Akla ne kadar aşırılık ve eksiklik geliyorsa, Osmanlılar, onlarla suçlandılar uzun süre. Oysa, kurdukları imparatorluk, yüzyıllar boyunca, Eskidünya´nın güçleri arasında ön sırayı tuttu ve onun tarihi, kanunları ve parlak yönetimi ile bir devlet kurmanın tarihidir başta; edebiyatta ve sanatta bugün görülebilen tanıklarıyla özgün bir kültürün tarihidir de bu!

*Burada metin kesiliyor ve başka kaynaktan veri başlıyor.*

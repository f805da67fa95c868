-- ===== src/Crypto/Messaging/Form.antt =====
-- The form of what `seal` of client/src/crypto/messaging.py sends.
use mathlib.Core.Path.{subst}
use cs4455_epic.Base.{◌≡◌, refl, arith, some, ◌++◌, length, inl, inr}
use cs4455_epic.Base.Int.{ℤ}
use cs4455_epic.Base.Text.{Str, Bytes, lit}
use cs4455_epic.Codec.Base64.{b64encode, b64decode, b64decode-b64encode}
use cs4455_epic.Codec.Hex.{hex, length-hex}
use cs4455_epic.Codec.Utf8.{encode}
use cs4455_epic.Errors.{ok, Result-cases}
use cs4455_epic.Env.{Env, IsLawful}
use cs4455_epic.Py.{State}
use cs4455_epic.Crypto.Kdf.{derive_message_key, keccak256_hex}
use cs4455_epic.Crypto.Aead as Aead
use cs4455_epic.Crypto.Signing as Signing
use cs4455_epic.Crypto.Messaging.{Sealed, msg_info, build_aad, signed_payload, message_key, seal}

-- The text is the Base64 of some bytes.
abbrev pub Encodes : Str → Type 0
Encodes text = (bs : Bytes) × (b64decode text ≡ some bs)

-- A nonce of 12 bytes, a ciphertext and a signature, all in Base64, the number, and a digest of `0x`
-- and 64 characters.
pub record IsWireForm (seq_no : ℤ) (f : Sealed) : Type 0 where
  pub nonce_bytes : Bytes
  pub nonce : b64decode f.nonce ≡ some nonce_bytes
  pub nonce_size : length nonce_bytes ≡ 12
  pub ciphertext : Encodes f.ciphertext
  pub signature : Encodes f.signature
  pub number : f.seq_no ≡ seq_no
  pub digest : (hash : Str) × (f.digest ≡ lit "0x" ++ hash) × (length hash ≡ 64)

module _ (E : Env) (L : IsLawful E) (text sender_id recipient_id : Str) (seq_no : ℤ)
    (my_x_priv my_ed_priv peer_x_pub : Bytes) (s : State) where
  length-message_key : (shared : Bytes) → length (derive_message_key E shared msg_info 32) ≡ 32
  unfolding derive_message_key
  length-message_key shared = L.length-hkdf_expand 32 msg_info shared (omega arith)

  digest_form :
      (hash : Str) × (keccak256_hex E (encode text) ≡ lit "0x" ++ hash) × (length hash ≡ 64)
  unfolding keccak256_hex
  digest_form =
      let digest = E.keccak256 (encode text) in
      (hex digest, refl, omega (arith, length-hex digest, L.length-keccak256 (encode text)))

  fields_form :
      (key payload signature : Bytes)
      → E.ed25519_sign my_ed_priv payload ≡ ok signature
      → IsWireForm seq_no (record {
        ciphertext = b64encode (
            E.aesgcm_encrypt key
              (E.urandom s.drawn 12)
              (encode text)
              (build_aad sender_id recipient_id seq_no));
        nonce = b64encode (E.urandom s.drawn 12);
        signature = b64encode signature;
        seq_no = seq_no;
        digest = keccak256_hex E (encode text);
      })
  fields_form key payload signature signed = record {
    nonce_bytes = E.urandom s.drawn 12;
    nonce = b64decode-b64encode (E.urandom s.drawn 12) (L.urandom_bytes s.drawn 12);
    nonce_size = L.length-urandom s.drawn 12;
    ciphertext = (_, b64decode-b64encode _ (L.encrypt_bytes _ _ _ _));
    signature = (
      signature,
      b64decode-b64encode signature (L.sign_bytes my_ed_priv payload signature signed),
    );
    number = refl;
    digest = digest_form;
  }

  -- With packages that behave as documented: whatever `seal` returns has the form that goes over the
  -- wire, with the number it was given.
  pub seal-IsWireForm :
      (f : Sealed)
      → (seal E text sender_id recipient_id seq_no my_x_priv my_ed_priv peer_x_pub s).0 ≡ ok f
      → IsWireForm seq_no f
  unfolding seal message_key Aead.encrypt Signing.sign
  seal-IsWireForm f h = elim (Result-cases (E.x25519_exchange my_x_priv peer_x_pub)) [
    | inr (e, x) ↦ absurd (ground arith)
    | inl (shared, x) ↦
        let key = derive_message_key E shared msg_info 32 in
        let size = length-message_key shared in
        let payload =
          signed_payload sender_id recipient_id seq_no
            (E.aesgcm_encrypt key (E.urandom s.drawn 12) (encode text)
              (build_aad sender_id recipient_id seq_no))
            (E.urandom s.drawn 12) in
        elim (Result-cases (E.ed25519_sign my_ed_priv payload)) [
          | inr (e, y) ↦ absurd (ground (arith, size))
          | inl (signature, y) ↦
              subst (IsWireForm seq_no) (ground (arith, size)) (fields_form key payload signature y)
        ]
  ]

XIV. yüzyılın başlarında, Anadolu´da, Bizans ile Selçukluların yıkıntıları üzerinde kurulan Osmanlı İmparatorluğu, iki buçuk boyunca, Viyana kapılarından Yemen´e, Cezayir´den Irak´a değin yayılır. Bu geniş alanda, sultanın otoritesi tartışılmayı kabul etmez. Ne var ki, Müslüman yasası olan şeriatın yanı sıra, boyun eğdirilmiş halkların geleneklerini de korumaya çabalayan bir siyasal sistem yerleşir. Osmanlıların şu hoşgörüsünü de unutmamalı: İspanya ve Orta Avrupa Yahudileri gelip onlara sığındılar.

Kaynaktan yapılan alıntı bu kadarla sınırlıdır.